Linked Data: the future of knowledge organization on the Web
By Fran Alexander
ISKO UK events consistently manage to cram in about twice as much content as seems possible given the time. With enough material for at least a two-day conference, no fewer than nine speakers and two poster presenters made for a packed day that provided a pleasing mix of fine technical detail, practical advice, and some context-setting explanations of the evolution of Linked Data.
Keynote address - Government Linked Data: A Tipping Point for the Semantic Web
Professor Nigel Shadbolt gave the keynote address, pointing out that local government data is as useful and interesting as national data. He offered a rundown of the history of the Semantic Web, starting with the classic “layer cake” picture that had been prevalent some years ago, explaining that a lot of the research into Artificial Intelligence (AI) – natural language processing, entity extraction, intelligent reasoning over distributed databases – was very interesting but not particularly pragmatic. Much discussion was devoted to detailed technological issues for a highly specialised community. In the meantime, Linked Data emerged as a simpler, easier approach based on a few founding principles – resources should have a unique derefenceable identifier, be expressed in open standards formats, and be interlinked.
Linked Data is now becoming established and is fractioning out into separate areas, with certain core nodes in various sectors being heavily linked. Although many questions remain about the differences between the “web of documents” and the “web of things”, the release of UK government data in Linked Data format should be seen as a gift for the web community. When trying to get Linked Data principles adopted in organisations, explaining to people the value of the decentralised model of the web is important.

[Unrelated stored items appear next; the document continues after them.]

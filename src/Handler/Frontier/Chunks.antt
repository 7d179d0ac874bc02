-- ===== src/Handler/Frontier/Chunks.antt =====
-- How the bytes of a response are cut into packets makes no difference.
use nanocap.Prelude.{
  ◌+◌, ◌≤◌, ◌<◌, ◌≡◌, refl, sym, ◌∙◌, ap, arith, List, [], ◌∷◌, ◌++◌, length, length-append,
  append_assoc, All, if◌then◌else◌,
}
use nanocap.Stream.{KStream, Bytes}
use nanocap.Flow.{CircularBuffer, TcpFlowData, NanoPacket, capacity}
use nanocap.Protocol.Bootstrap.{FrontierEntry}
use nanocap.Protocol.Encode.{encode_frontier_entry}
use nanocap.Db.{Env, Db}
use nanocap.Db.Bootstrap.{put_frontier_entry}
use nanocap.Handler.Session.{Session, if_details}
use nanocap.Handler.Frontier.{accept_frontier, handle_frontier}
use nanocap.Handler.Frontier.Split.{
  IsOpen, wire, accept_all, bytes_of, with_payload, handle_frontier-open,
}

All-append {ℓ} :
    {A : Type 0} (P : A → Type ℓ) (xs ys : List A) → All P xs → All P ys → All P (xs ++ ys)
All-append P [] ys hx hy = hy
All-append P (x ∷ xs) ys (h, hx) hy = (h, All-append P xs ys hx hy)

wire-append : (xs ys : List FrontierEntry) → wire (xs ++ ys) ≡ wire xs ++ wire ys
wire-append [] ys = refl
wire-append (x ∷ xs) ys =
    ap (λ t. encode_frontier_entry x ++ t) (wire-append xs ys)
    ∙ sym (append_assoc (encode_frontier_entry x) (wire xs) (wire ys))

module _ (k : KStream) (cb : CircularBuffer) (env : Env) where
  open cb use {Buffer}

  -- The database after entries for the request of a given id.
  put_all : List FrontierEntry → TcpFlowData Buffer → Db → Db
  put_all [] flow db = db
  put_all (e ∷ es) flow db = put_all es flow (if_details cb env (put_frontier_entry env e flow) db)

  put-same :
      (e : FrontierEntry) (f g : TcpFlowData Buffer) (db : Db)
      → f.message_id ≡ g.message_id
      → put_frontier_entry env e f db ≡ put_frontier_entry env e g db
  unfolding put_frontier_entry
  put-same e f g db h = ap (λ m. put_frontier_entry env e (record f { message_id = m }) db) h

  put_all-same :
      (es : List FrontierEntry) (f g : TcpFlowData Buffer) (db : Db)
      → f.message_id ≡ g.message_id
      → put_all es f db ≡ put_all es g db
  unfolding put_all
  put_all-same [] f g db h = refl
  put_all-same (e ∷ es) f g db h =
      ap (λ d. put_all es f (if env.bootstrap_details then d else db)) (put-same e f g db h)
      ∙ put_all-same es f g _ h

  put_all-append :
      (xs ys : List FrontierEntry) (f : TcpFlowData Buffer) (db : Db)
      → put_all (xs ++ ys) f db ≡ put_all ys f (put_all xs f db)
  unfolding put_all
  put_all-append [] ys f db = refl
  put_all-append (x ∷ xs) ys f db = put_all-append xs ys f _

  -- What a session shows: the rows, the count of entries and the id of the request.
  accepted :
      (es : List FrontierEntry) (s : Session cb)
      → ((accept_all k cb env es s).1 ≡ put_all es s.0 s.1)
        × ((accept_all k cb env es s).0.response_count ≡ s.0.response_count + length es)
        × ((accept_all k cb env es s).0.message_id ≡ s.0.message_id)
  unfolding put_all accept_frontier
  accepted [] s = (refl, omega arith, refl)
  accepted (e ∷ es) (flow, db) =
      let s' = accept_frontier k cb env e 64 (flow, db) in
      let (rows, count, id) = accepted es s' in
      (rows ∙ put_all-same es s'.0 flow _ refl, omega (arith, count), id)

  -- A response cut into two packets, anywhere, leaves what one packet with the same bytes leaves:
  -- the same database, the same count of entries and the same bytes in the buffer. The buffer and
  -- both packets together hold at most 4096 bytes; after the first packet, and after the second,
  -- the bytes are open entries and less than one more.
  pub handle_frontier-chunks :
      (info₁ info₂ info : NanoPacket) (s : Session cb) (es₁ es₂ : List FrontierEntry)
      (r₁ r₂ : Bytes)
      → All IsOpen es₁
      → All IsOpen es₂
      → bytes_of k cb env s ++ info₁.payload ≡ wire es₁ ++ r₁
      → r₁ ++ info₂.payload ≡ wire es₂ ++ r₂
      → length r₁ < 64
      → length r₂ < 64
      → info.payload ≡ info₁.payload ++ info₂.payload
      → length (bytes_of k cb env s) + length info.payload ≤ capacity
      → let two = (handle_frontier k cb env info₂ (handle_frontier k cb env info₁ s).0).0 in
        let one = (handle_frontier k cb env info s).0 in
        (two.1 ≡ one.1)
        × (two.0.response_count ≡ one.0.response_count)
        × (bytes_of k cb env two ≡ bytes_of k cb env one)
  handle_frontier-chunks info₁ info₂ info s es₁ es₂ r₁ r₂ h₁ h₂ e₁ e₂ l₁ l₂ cut fits =
      let len = ap length cut ∙ length-append info₁.payload info₂.payload in
      let a₁ = with_payload k cb env info₁ s in
      let (run₁, left₁) = handle_frontier-open k cb env info₁ s es₁ r₁ h₁ e₁ l₁ (omega arith) in
      let s₁ = accept_all k cb env es₁ a₁ in
      let e₂' : bytes_of k cb env s₁ ++ info₂.payload ≡ wire es₂ ++ r₂ =
        ap (λ t. t ++ info₂.payload) left₁ ∙ e₂ in
      let few : length (bytes_of k cb env s₁) + length info₂.payload ≤ capacity = omega (
        arith,
        ap length left₁,
        ap length e₁,
        length-append (wire es₁) r₁,
        length-append (bytes_of k cb env s) info₁.payload,
      ) in
      let (run₂, left₂) = handle_frontier-open k cb env info₂ s₁ es₂ r₂ h₂ e₂' l₂ few in
      let whole : bytes_of k cb env s ++ info.payload ≡ wire (es₁ ++ es₂) ++ r₂ =
        ap (λ t. bytes_of k cb env s ++ t) cut
        ∙ sym (append_assoc (bytes_of k cb env s) info₁.payload info₂.payload)
        ∙ ap (λ t. t ++ info₂.payload) e₁
        ∙ append_assoc (wire es₁) r₁ info₂.payload
        ∙ ap (λ t. wire es₁ ++ t) e₂
        ∙ sym (append_assoc (wire es₁) (wire es₂) r₂)
        ∙ ap (λ t. t ++ r₂) (sym (wire-append es₁ es₂)) in
      let (run, left) =
        handle_frontier-open k cb env info s (es₁ ++ es₂) r₂ (All-append IsOpen es₁ es₂ h₁ h₂) whole
          l₂ fits in
      let a = with_payload k cb env info s in
      let (rows₁, count₁, id₁) = accepted es₁ a₁ in
      let (rows₂, count₂, id₂) = accepted es₂ (with_payload k cb env info₂ s₁) in
      let (rows, count, id) = accepted (es₁ ++ es₂) a in
      rw (run₁, run₂, run)
        (
          rows₂
              ∙ put_all-same es₂ (with_payload k cb env info₂ s₁).0 a₁.0 s₁.1 id₁
              ∙ ap (put_all es₂ a₁.0) rows₁
              ∙ sym (put_all-append es₁ es₂ a₁.0 s.1)
              ∙ put_all-same (es₁ ++ es₂) a₁.0 a.0 s.1 refl
              ∙ sym rows,
          omega (arith, count, count₁, count₂, length-append es₁ es₂),
          left₂ ∙ sym left,
        )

Releasing government Linked Data also shifts responsibility for the use and interpretation of data away from the government to individual users. This can circumvent a lot of bureaucracy. For example, the Department of Transport held a lot of statistics about bicycle accidents, but it was only when this data was released that someone turned it into a map and started providing “safe route” information and various related apps aimed at cyclists. The Treasury was reluctant to release its COINS database, because it felt it was confusingly structured and hard to interpret, but once released people built navigation interfaces for it that are now being used by the Treasury itself. The release of data depended on the adoption of an open licence. The principle is if you publish, the apps will come!
Public data is objective, factual, non-personal – accident rates, student degree numbers, etc. – and can be used to measure public service delivery. This sort of data is a straightforward proposition to release, but private data raises more difficult questions about privacy and trust. How much sharing of personal data is to the citizen’s benefit? To the government’s benefit? Should individuals be responsible for their own data, such as medical records? What role should the government play?
One of a number of Linked Data principles is that public bodies should maintain and publish inventories of their data holdings. It is important that we consider this data seriously, because we are not just assigning URIs to roads, streets, buildings, etc., we are building the digital infrastructure of the nation.
SKOS and Linked Data
Antoine Isaac talked about SKOS and Linked Data, from the perspective of the “web of culture data”. He explained that for many large cultural repositories, converting their classification schemes into ontologies is not practical due to the huge volumes of data involved. However, much rich semantic information can be extracted without the need for a fully formalised ontology system. SKOS enables classification data to be shared in a simple way that permits sharing of thesauruses and grouping of items by concept. It can also be a useful way of expressing annotations to documentation.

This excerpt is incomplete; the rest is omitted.